With only languageManager()->reset(), the test fails with array_filter() expects parameter 1 to be array, null given in Drupal\content_translation\Controller\ContentTranslationController->overview().

$entity->translation is NULL instead of

array (
  'en' => 
  array (
    'source' => '',
    'outdated' => '0',
    'uid' => '3',
    'status' => '1',
    'created' => '1415127760',
    'changed' => '1415127760',
  ),
)

I tried to run the patch locally but it segfaults my local setup (in its curently posted unmodified form):

[Wed Nov 05 15:37:27 2014] [warn] [client 127.0.0.1] mod_fcgid: error reading data, FastCGI server closed connection
[Wed Nov 05 15:37:27 2014] [error] [client 127.0.0.1] Premature end of script headers: index.php
[Wed Nov 05 15:37:28 2014] [error] mod_fcgid: process /Applications/Dev Desktop/php5_4/bin/php-cgi(97108) exit(communication error), get unexpected signal 11

So I could not try moving the kernel rebuilding around. I would have done it at the end of setUp() or right after adding French in setUp(). Not in the middle of the test function. There does not seem to be anything in that test function that necessitates a kernel rebuild, no?

Anyway, this is a minor nit compared to how important this bugfix and test is, so I am not going to keep blocking it. It looks great overall.

(BTW it is not just this test that segfaults for me, other existing file upload tests in core, eg. the responsive image field test does the same. So I am sure that is not the fault of this test, rather bugs in my environment).

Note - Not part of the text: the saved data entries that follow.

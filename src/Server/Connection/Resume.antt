-- ===== src/Server/Connection/Resume.antt =====
-- net/server.rs: the inner loop of `read_buffer`, when more bytes are behind those that it has.
use rust_data_broker.Prelude.{
  ℕ, zero, suc, ◌+◌, ◌<◌, ◌≤◌, ◌≡◌, ◌≢◌, refl, ap, inl, inr, List, [], ◌∷◌, ◌++◌, arith, Bool-cases,
  Option-cases, length, length-append, take, drop, ltb, get_or, false,
}
use rust_data_broker.Bytes.{from_be_bytes}
use rust_data_broker.Errors.{ErrorCode}
use rust_data_broker.Server.Wire.{Request, request_from_u8}
use rust_data_broker.Server.Frame.{
  Frame, Round, incomplete, rejected, request, is_too_large, client_id_of, payload_size_of,
  split_frame, read_frame,
}

split_frame-not_rejected :
    (c : Request) (id size : ℕ) (b : List ℕ) (code : ErrorCode)
    → split_frame c id size b ≢ rejected code
unfolding split_frame
split_frame-not_rejected c id size b code = λ h. elim (Bool-cases (ltb (length b) (size + 89))) [
  | inl e ↦ let z = rw (e, split_frame) at h in cc
  | inr e ↦ let z = rw (e, split_frame) at h in cc
]

not_shorter : (n m k : ℕ) → k ≤ n → ltb (n + m) k ≡ false
not_shorter n m k h = ground arith

module _ (more : List ℕ) where
  drop_within : (n : ℕ) (b : List ℕ) → n ≤ length b → drop n (b ++ more) ≡ drop n b ++ more
  drop_within zero b h = refl
  drop_within (suc n) [] h = absurd (omega arith)
  drop_within (suc n) (x ∷ b) h = drop_within n b (omega arith)

  take_within : (n : ℕ) (b : List ℕ) → n ≤ length b → take n (b ++ more) ≡ take n b
  take_within zero b h = refl
  take_within (suc n) [] h = absurd (omega arith)
  take_within (suc n) (x ∷ b) h = ap (◌∷◌ x) (take_within n b (omega arith))

  length-drop : (n : ℕ) (b : List ℕ) → n ≤ length b → length (drop n b) + n ≡ length b
  length-drop zero b h = omega arith
  length-drop (suc n) [] h = absurd (omega arith)
  length-drop (suc n) (x ∷ b) h = omega (arith, length-drop n b (omega arith))

  field_within :
      (n m : ℕ) (b : List ℕ) → n + m ≤ length b → take m (drop n (b ++ more)) ≡ take m (drop n b)
  field_within n m b h =
      rw (drop_within n b (omega arith))
        (take_within m (drop n b) (omega (arith, length-drop n b (omega arith))))

  first_within : (b : List ℕ) → 0 < length b → get_or (b ++ more) 0 0 ≡ get_or b 0 0
  first_within [] h = absurd (omega arith)
  first_within (x ∷ b) h = refl

  split_frame-request :
      (c : Request) (id size : ℕ) (b : List ℕ) (f : Frame) (rest : List ℕ)
      → split_frame c id size b ≡ request f rest
      → split_frame c id size (b ++ more) ≡ request f (rest ++ more)
  unfolding split_frame
  split_frame-request c id size b f rest h = elim (Bool-cases (ltb (length b) (size + 89))) [
    | inl e ↦ absurd (ground arith)
    | inr e ↦
        let long : size + 89 ≤ length b = ground arith in
        let longer : ltb (length (b ++ more)) (size + 89) ≡ false =
          rw (length-append b more) (not_shorter (length b) (length more) (size + 89) long) in
        rw
          (
            longer,
            field_within 25 64 b (omega arith),
            field_within 89 size b (omega arith),
            drop_within (89 + size) b (omega arith),
          )
          (ap (λ (r : Round). with_more r) (rw (e, split_frame) at h))
  ]
    where
      with_more : Round → Round
      with_more incomplete = incomplete
      with_more (rejected code) = rejected code
      with_more (request g r) = request g (r ++ more)

  long_within : (b : List ℕ) → 25 ≤ length b → ltb (length (b ++ more)) 25 ≡ false
  long_within b h = rw (length-append b more) (not_shorter (length b) (length more) 25 h)

  size_within : (b : List ℕ) → 25 ≤ length b → payload_size_of (b ++ more) ≡ payload_size_of b
  unfolding payload_size_of
  size_within b h = ap from_be_bytes (field_within 17 8 b h)

  client_within : (b : List ℕ) → 25 ≤ length b → client_id_of (b ++ more) ≡ client_id_of b
  unfolding client_id_of
  client_within b h = ap from_be_bytes (field_within 1 16 b (omega arith))

  pub read_frame-request :
      (free : ℕ) (b : List ℕ) (f : Frame) (rest : List ℕ)
      → read_frame free b ≡ request f rest
      → read_frame free (b ++ more) ≡ request f (rest ++ more)
  unfolding read_frame
  read_frame-request free b f rest h = elim (Bool-cases (ltb (length b) 25)) [
    | inl e ↦ absurd (let z = rw (e, read_frame) at h in cc)
    | inr e ↦
        let long : 25 ≤ length b = ground arith in
        elim (Option-cases (request_from_u8 (get_or b 0 0))) [
          | inl g ↦ absurd (let z = rw (e, g, read_frame) at h in cc)
          | inr (c, g) ↦ elim (Bool-cases (is_too_large free (payload_size_of b))) [
            | inl k ↦ absurd (let z = rw (e, g, k, read_frame) at h in cc)
            | inr k ↦
                let split = rw (e, g, k, read_frame) at h in
                rw
                  (
                    long_within b long,
                    first_within b (omega arith),
                    g,
                    size_within b long,
                    client_within b long,
                    k,
                  )
                  (split_frame-request c (client_id_of b) (payload_size_of b) b f rest split)
          ]
        ]
  ]

  pub read_frame-rejected :
      (free : ℕ) (b : List ℕ) (code : ErrorCode)
      → read_frame free b ≡ rejected code
      → read_frame free (b ++ more) ≡ rejected code
  unfolding read_frame
  read_frame-rejected free b code h = elim (Bool-cases (ltb (length b) 25)) [
    | inl e ↦ absurd (let z = rw (e, read_frame) at h in cc)
    | inr e ↦
        let long : 25 ≤ length b = ground arith in
        elim (Option-cases (request_from_u8 (get_or b 0 0))) [
          | inl g ↦
              rw (long_within b long, first_within b (omega arith), g) (rw (e, g, read_frame) at h)
          | inr (c, g) ↦ elim (Bool-cases (is_too_large free (payload_size_of b))) [
            | inl k ↦
                rw (long_within b long, first_within b (omega arith), g, size_within b long, k)
                  (rw (e, g, k, read_frame) at h)
            | inr k ↦ absurd (
                split_frame-not_rejected c (client_id_of b) (payload_size_of b) b code
                  (rw (e, g, k, read_frame) at h))
          ]
        ]
  ]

I had a play with moving the container rebuild around. The most likely issue here is that the test running environment is getting out of sync with the child environment.

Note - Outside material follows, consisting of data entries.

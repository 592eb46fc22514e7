-- ===== src/Server/Connection/Chunks.antt =====
-- net/server.rs: how the bytes of a connection are cut into reads does not matter.
use rust_data_broker.Prelude.{
  ℕ, zero, suc, ◌+◌, ◌<◌, ◌≤◌, ◌≡◌, ◌≢◌, refl, sym, ap, ◌∙◌, inl, inr, none, some, List, [], ◌∷◌,
  ◌++◌, arith, All, map, Option-cases, length, length-append,
}
use mathlib.Core.List.{append-nil, append_assoc}
use rust_data_broker.Errors.{ErrorCode}
use rust_data_broker.Server.Frame.{
  Frame, incomplete, rejected, request, read_frame, read_frames, Batch,
}
use rust_data_broker.Server.Frame.Fuel.{
  Round-cases, read_frame-shortens, read_frames-last_round, last_round,
}
use rust_data_broker.Server.Connection.{receives, Ending, reading, after_batch, read_buffer}
use rust_data_broker.Server.Connection.Resume.{read_frame-request, read_frame-rejected}

unfoldable pub concat : List (List ℕ) → List ℕ
concat [] = []
concat (c ∷ chunks) = c ++ concat chunks

-- The batches of the three rounds.
abbrev nothing : List ℕ → Batch
nothing b = record { frames = []; rest = b; failure = none }

abbrev refused : List ℕ → ErrorCode → Batch
refused b code = record { frames = []; rest = b; failure = some code }

abbrev one_more : Frame → Batch → Batch
one_more f t = record t { frames = f ∷ t.frames }

module _ (n free : ℕ) (b : List ℕ) where
  at_incomplete : read_frame free b ≡ incomplete → read_frames (suc n) free b ≡ nothing b
  unfolding read_frames
  at_incomplete e = rw (e, read_frames) refl

  at_rejected :
      (code : ErrorCode)
      → read_frame free b ≡ rejected code
      → read_frames (suc n) free b ≡ refused b code
  unfolding read_frames
  at_rejected code e = rw (e, read_frames) refl

  at_request :
      (f : Frame) (rest : List ℕ)
      → read_frame free b ≡ request f rest
      → read_frames (suc n) free b ≡ one_more f (read_frames n free rest)
  unfolding read_frames
  at_request f rest e = rw (e, read_frames) refl

-- More fuel than there are bytes is as good as any such fuel.
read_frames-fuel :
    (n m free : ℕ) (b : List ℕ)
    → length b < n
    → length b < m
    → read_frames n free b ≡ read_frames m free b
unfolding read_frames
read_frames-fuel zero m free b h k = absurd (omega arith)
read_frames-fuel (suc n) zero free b h k = absurd (omega arith)
read_frames-fuel (suc n) (suc m) free b h k = elim (Round-cases (read_frame free b)) [
  | inl e ↦ at_incomplete n free b e ∙ sym (at_incomplete m free b e)
  | inr (inl (code, e)) ↦ at_rejected n free b code e ∙ sym (at_rejected m free b code e)
  | inr (inr (f, rest, e)) ↦
      let shorter = read_frame-shortens free b f rest e in
      at_request n free b f rest e
      ∙ ap (one_more f) (read_frames-fuel n m free rest (omega arith) (omega arith))
      ∙ sym (at_request m free b f rest e)
]

add_frame : Frame → List Frame × Ending → List Frame × Ending
add_frame f r = (f ∷ r.0, r.1)

after_batch-add_frame :
    (f : Frame) (t : Batch) (later : List Frame × Ending)
    → after_batch (record t { frames = f ∷ t.frames }) later ≡ add_frame f (after_batch t later)
unfolding after_batch add_frame
after_batch-add_frame f t later = elim (Option-cases t.failure) [
  | inl e ↦ rw e refl
  | inr (code, e) ↦ rw e refl
]

-- What a batch without anything behind it is.
abbrev end_of : Batch → List Frame × Ending
end_of t = after_batch t ([], reading)

-- What stays in a batch, split again with more bytes.
resumed : ℕ → ℕ → List ℕ → Batch → List Frame × Ending
resumed m free more t = after_batch t (end_of (read_frames m free (t.rest ++ more)))

-- To split a buffer and then what stays in it with more bytes is to split it with these bytes.
read_frames-resume :
    (fuel n m free : ℕ) (b more : List ℕ)
    → length b < fuel
    → length b + length more < n
    → length b + length more < m
    → end_of (read_frames n free (b ++ more)) ≡ resumed m free more (read_frames fuel free b)
unfolding after_batch resumed
read_frames-resume zero n m free b more h k j = absurd (omega arith)
read_frames-resume (suc fuel) zero m free b more h k j = absurd (omega arith)
read_frames-resume (suc fuel) (suc n) m free b more h k j = elim (Round-cases (read_frame free b)) [
  | inl e ↦
      ap end_of (
        read_frames-fuel (suc n) m free (b ++ more) (omega (arith, length-append b more))
          (omega (arith, length-append b more)))
      ∙ sym (ap (resumed m free more) (at_incomplete fuel free b e))
  | inr (inl (code, e)) ↦
      ap end_of (at_rejected n free (b ++ more) code (read_frame-rejected more free b code e))
      ∙ sym (ap (resumed m free more) (at_rejected fuel free b code e))
  | inr (inr (f, rest, e)) ↦
      let shorter = read_frame-shortens free b f rest e in
      let later = read_frames fuel free rest in
      ap end_of
        (at_request n free (b ++ more) f (rest ++ more) (read_frame-request more free b f rest e))
      ∙ after_batch-add_frame f (read_frames n free (rest ++ more)) ([], reading)
      ∙ ap (add_frame f)
          (read_frames-resume fuel n m free rest more (omega arith) (omega arith) (omega arith))
      ∙ sym (after_batch-add_frame f later (end_of (read_frames m free (later.rest ++ more))))
      ∙ sym (ap (resumed m free more) (at_request fuel free b f rest e))
]

read_frames-rest-le :
    (fuel free : ℕ) (b : List ℕ) → length (read_frames fuel free b).rest ≤ length b
unfolding read_frames
read_frames-rest-le zero free b = omega arith
read_frames-rest-le (suc fuel) free b = elim (Round-cases (read_frame free b)) [
  | inl e ↦ rw (at_incomplete fuel free b e) (omega arith)
  | inr (inl (code, e)) ↦ rw (at_rejected fuel free b code e) (omega arith)
  | inr (inr (f, rest, e)) ↦
      rw (at_request fuel free b f rest e)
        (omega (arith, read_frame-shortens free b f rest e, read_frames-rest-le fuel free rest))
]

-- What comes behind a batch counts only where the batch has no error.
after_batch-later :
    (t : Batch) (r r' : List Frame × Ending)
    → (t.failure ≡ none → r ≡ r')
    → after_batch t r ≡ after_batch t r'
unfolding after_batch
after_batch-later t r r' h = elim (Option-cases t.failure) [
  | inl e ↦ ap (after_batch t) (h e)
  | inr (code, e) ↦ rw e refl
]

abbrev pub IsRead : List ℕ → Type 0
IsRead c = c ≢ []

read_buffer-concat :
    (free : ℕ) (b : List ℕ) (chunks : List (List ℕ))
    → All IsRead chunks
    → read_frame free b ≡ incomplete
    → read_buffer b (map (receives free) chunks)
      ≡ end_of (read_frames (suc (length (b ++ concat chunks))) free (b ++ concat chunks))
unfolding read_buffer concat after_batch last_round resumed
read_buffer-concat free b [] v e =
    let same : b ++ [] ≡ b = append-nil b in
    sym (ap end_of (at_incomplete (length (b ++ [])) free (b ++ []) (rw same e)))
read_buffer-concat free b ([] ∷ chunks) v e = absurd (v.0 refl)
read_buffer-concat free b ((x ∷ c) ∷ chunks) v e =
    let all = b ++ x ∷ c in
    let later = concat chunks in
    let t = read_frames (suc (length all)) free all in
    after_batch-later t (read_buffer t.rest (map (receives free) chunks))
      (end_of (read_frames (suc (length all + length later)) free (t.rest ++ later)))
      (λ fine.
        read_buffer-concat free t.rest chunks v.1
          (read_frames-last_round (suc (length all)) free all (omega arith) ∙ ap last_round fine)
        ∙ ap end_of (
            read_frames-fuel (suc (length (t.rest ++ later))) (suc (length all + length later)) free
              (t.rest ++ later) (omega arith)
              (omega (
                arith,
                length-append t.rest later,
                read_frames-rest-le (suc (length all)) free all,
              ))))
    ∙ sym (
        read_frames-resume (suc (length all)) (suc (length (all ++ later)))
          (suc (length all + length later)) free all later (omega arith)
          (omega (arith, length-append all later)) (omega arith))
    ∙ ap (λ w. end_of (read_frames (suc (length w)) free w)) (append_assoc b (x ∷ c) later)

-- However the bytes that a connection sends are cut into reads, none of them empty, the tasks that
-- are started, and whether the connection is given up and with what error, are those of the bytes
-- read at once, as long as the free memory stays the same.
pub read_buffer-chunks :
    (free : ℕ) (chunks : List (List ℕ))
    → All IsRead chunks
    → let bytes = concat chunks in
      read_buffer [] (map (receives free) chunks)
      ≡ after_batch (read_frames (suc (length bytes)) free bytes) ([], reading)
unfolding read_frame
read_buffer-chunks free chunks v = read_buffer-concat free [] chunks v refl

This issue addresses a critical bug and is allowed per #2350615: [policy, no patch] What changes can be accepted during the Drupal 8 beta phase?. Committed c6742dd and pushed to 8.0.x. Thanks!

Thanks all!

By the way, the Drupal 7 version of this patch is at #2112287: file_file_download() does not specify language when calling field_get_items(). Please help with the port there.